I received a radiology disc using iSite CD Direct 3.5 Media viewer. I am unable to access the imaging through Slicer or any other dicom viewer. The included iSite Media Viewer app does not seem to allow dicom export. Is there any way to access these files so that I can bring them into Slicer?
I have resorted to saving each slice as a .jpg and am able to load into slicer. However, without the measurement data the image is not quite right. Still looking for any pointers. Thanks.
What kind of data are you trying to load? Can you share a non-patient data set?
It’s an mri of a right leg. I have the images in png format. I was able to get the axial to work after some tweaking. The coronal and sagittal sets are loading with impropoer orientation at the moment.mri datasets
Series of png files can certainly be loaded, but after that you need to fix up the voxel size and image orientation (see instructions here), and image quality may not be optimal (since depth of exported images is limited to 8 bits per channel).

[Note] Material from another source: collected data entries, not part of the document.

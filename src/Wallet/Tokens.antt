-- ===== src/Wallet/Tokens.antt =====
-- core/wallet/token.go: reading, locking and pledging the tokens of the table. A call is one step:
-- the methods that lock tokens hold the mutex of the wallet. A message in the log is left out.
use rubixgoplatform.Prelude.{
  ℕ, ◌-◌, ◌/◌, List, [], ◌∷◌, ◌==◌, ltb, leb, if◌then◌else◌, length, take, Bool, true, false, ◌&&◌,
  ◌||◌,
}
use rubixgoplatform.Storage.Rows.{Table}
use rubixgoplatform.Storage.Effects.{
  Result, ok, err, Exec, pure, raise, ◌>>=◌, ◌>>◌, not_locked, not_pledged, not_unpledged,
  insufficient, too_large, no_token,
}
use rubixgoplatform.Storage.{read_all, read_one, update, write}
use rubixgoplatform.Wallet.Token.{
  Token, key, with_status, token_is_free, token_is_locked, token_is_pledged,
  token_is_pinned_as_service, whole_value,
}

-- The conditions of the queries.
abbrev pub owned_by : ℕ → Token → Bool
owned_by did r = r.did == did

abbrev pub has_id : ℕ → Token → Bool
has_id id r = r.token_id == id

abbrev pub owned_id : ℕ → ℕ → Token → Bool
owned_id did id r = r.did == did && r.token_id == id

abbrev pub in_status : ℕ → Token → Bool
in_status s r = r.token_status == s

-- `TokenSort`. How the library's sort orders equal values is not documented.
unfoldable pub insert_by : (Token → Token → Bool) → Token → List Token → List Token
insert_by before t [] = t ∷ []
insert_by before t (u ∷ us) = if before u t then u ∷ insert_by before t us else t ∷ u ∷ us

unfoldable pub token_sort : Bool → List Token → List Token
unfolding insert_by
token_sort dsc [] = []
token_sort dsc (t ∷ ts) =
    insert_by
      (λ u v. if dsc then ltb v.token_value u.token_value else ltb u.token_value v.token_value) t
      (token_sort dsc ts)

-- The condition of `GetWholeTokens`; mode 0 also takes tokens that are pinned as a service.
abbrev pub whole_free : ℕ → ℕ → Token → Bool
whole_free did mode r =
    r.did == did
    && (if mode == 0
        then in_status token_is_free r || in_status token_is_pinned_as_service r
        else in_status token_is_free r)
    && r.token_value == whole_value

module _ (g : Table Token key) where
  unfoldable pub create_token : Token → Exec g.Db (Unit {0})
  create_token t = write g t

  unfoldable pub pledge_whole_token : ℕ → ℕ → Exec g.Db (Unit {0})
  pledge_whole_token did token = do
    t ← read_one g (owned_id did token)
    if t.token_status == token_is_locked
        then update g (owned_id did token) (with_status token_is_pledged t)
        else raise not_locked

  -- `unpledged` is what `GetLatestTokenBlock` and `GetTransType` come to: whether the type of the
  -- token's latest block is `TokenUnpledgedType`; the panic where there is no block, whose pointer is
  -- nil, is an error here.
  unfoldable pub unpledge_whole_token : ℕ → ℕ → Result Bool → Exec g.Db (Unit {0})
  unpledge_whole_token did token unpledged = do
    t ← read_one g (owned_id did token)
    if t.token_status == token_is_pledged
        then (do
          u ← (λ d. (unpledged, d))
          if u
              then update g (owned_id did token) (with_status token_is_free t)
              else raise not_unpledged)
        else raise not_pledged

  unfoldable pub get_all_tokens : ℕ → Exec g.Db (List Token)
  get_all_tokens did = read_all g (owned_by did)

  unfoldable pub get_all_pledged_tokens : Exec g.Db (List Token)
  get_all_pledged_tokens = read_all g (in_status token_is_pledged)

  unfoldable pub read_token : ℕ → Exec g.Db Token
  read_token token = read_one g (has_id token)

  -- The loop that locks the rows that were read, until an update fails.
  unfoldable pub lock_loop : ℕ → List Token → Exec g.Db (List Token)
  lock_loop did [] = pure []
  lock_loop did (t ∷ ts) = do
    update g (owned_id did t.token_id) (with_status token_is_locked t)
    locked ← lock_loop did ts
    pure (with_status token_is_locked t ∷ locked)

  -- The tokens, locked, and how many are still wanted. The number wanted is not negative.
  unfoldable pub get_whole_tokens : ℕ → ℕ → ℕ → Exec g.Db (List Token × ℕ)
  get_whole_tokens did num mode = do
    t ← read_all g (whole_free did mode)
    let tl = if ltb num (length t) then num else length t
    wt ← lock_loop did (take tl t)
    pure (wt, num - tl)

  unfoldable pub get_tokens_by_limit : ℕ → ℕ → Exec g.Db (List Token)
  get_tokens_by_limit did limit = do
    t ← read_all g (λ r. r.did == did && in_status token_is_free r && leb r.token_value limit)
    locked ← lock_loop did t
    pure (token_sort true locked)

  -- `int(amt)` cuts the decimals off.
  unfoldable pub get_tokens : ℕ → ℕ → Exec g.Db (List Token)
  get_tokens did amt = do
    t ← read_all g (λ r. r.did == did && in_status token_is_free r)
    if ltb (length t) (amt / whole_value)
        then raise insufficient
        else lock_loop did (take (amt / whole_value) t)

  unfoldable pub get_token : ℕ → ℕ → Exec g.Db Token
  get_token token status = do
    t ← read_one g (λ r. has_id token r && in_status status r)
    update g (has_id t.token_id) (with_status token_is_locked t)
    pure (with_status token_is_locked t)

  -- `GetAllFreeToken`, `GetAllPartTokens`, `GetAllWholeTokens`, `GetChildToken` and
  -- `GetAllPinnedTokens`: every row that passes a test is locked.
  unfoldable pub lock_all : ℕ → (Token → Bool) → Exec g.Db (List Token)
  lock_all did q = do t ← read_all g q; lock_loop did t

  unfoldable pub get_all_free_token : ℕ → Exec g.Db (List Token)
  unfolding lock_all
  get_all_free_token did = lock_all did (λ r. r.did == did && in_status token_is_free r)

  -- The source asks for the rows in the order of falling values; here they come in any order.
  unfoldable pub get_all_part_tokens : ℕ → Exec g.Db (List Token)
  unfolding lock_all
  get_all_part_tokens did = lock_all did (λ r.
      r.did == did
      && in_status token_is_free r
      && ltb 0 r.token_value
      && ltb r.token_value whole_value)

  unfoldable pub get_all_whole_tokens : ℕ → Exec g.Db (List Token)
  unfolding lock_all
  get_all_whole_tokens did =
      lock_all did (λ r. r.did == did && in_status token_is_free r && r.token_value == whole_value)

  unfoldable pub get_child_token : ℕ → ℕ → Exec g.Db (List Token)
  unfolding lock_all
  get_child_token did parent = lock_all did (λ r. r.did == did && r.parent_token_id == parent)

  unfoldable pub get_all_pinned_tokens : ℕ → Exec g.Db (List Token)
  unfolding lock_all
  get_all_pinned_tokens did =
      lock_all did (λ r. r.did == did && in_status token_is_pinned_as_service r)

  unfoldable pub lock_token : Token → Exec g.Db (Unit {0})
  lock_token wt = update g (owned_id wt.did wt.token_id) (with_status token_is_locked wt)

  -- The first row in the order of values, or the first whole token where no part is large enough.
  abbrev pub first_of_list : List Token → Exec g.Db Token
  first_of_list [] = raise no_token
  first_of_list (t ∷ ts) = pure t

  unfoldable pub closer_choice : ℕ → Result (List Token) → Exec g.Db Token
  closer_choice did (ok tks) = first_of_list (token_sort false tks)
  closer_choice did (err e) = do
    tks ←
        read_all g (λ r. r.did == did && in_status token_is_free r && r.token_value == whole_value)
    first_of_list tks

  unfoldable pub get_closer_token : ℕ → ℕ → Exec g.Db Token
  unfolding closer_choice
  get_closer_token did rem d =
      if ltb whole_value rem
      then (err too_large, d)
      else (let (r, d') =
            read_all g
              (λ r.
                r.did == did
                && in_status token_is_free r
                && leb rem r.token_value
                && ltb r.token_value whole_value)
              d in
          closer_choice did r d')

Are you sure you don’t have original images on the CD (in DICOM format)? How did you try to load the original images from the CD?
I appreciate you getting back to me. I was able to get the files to load successfully and have got some passable results. The studies themselves are limited but it works. I’d ultimately like to figure out how to register the separate axial, sagittal and coronal studies into one volume but they still all load to the axial plane. The cd uses a hobbled isite viewer and the disk has no dicom files. Instead there are .dts files inside which as far as i can tell is only readable by the included viewer. If you know of any way to read those files let me know.
I’ve searched the web about .dts files and it seems that old versions of Philps iSite software were only able to save files in proprietary format that only the iSite viewer can use. Newer versions can also save DICOM files. If maximum image quality and reliability of physical size is important then I would recommend to request another export of the data set, in DICOM format.
Acquisition of 3 highly anisotropic MRI volumes is quite common, as they are well suited for humans reviewing them on 2D screens. However, they are barely usable for 3D reconstruction and analysis. See more details in this post: Combining volumes - what am I missing?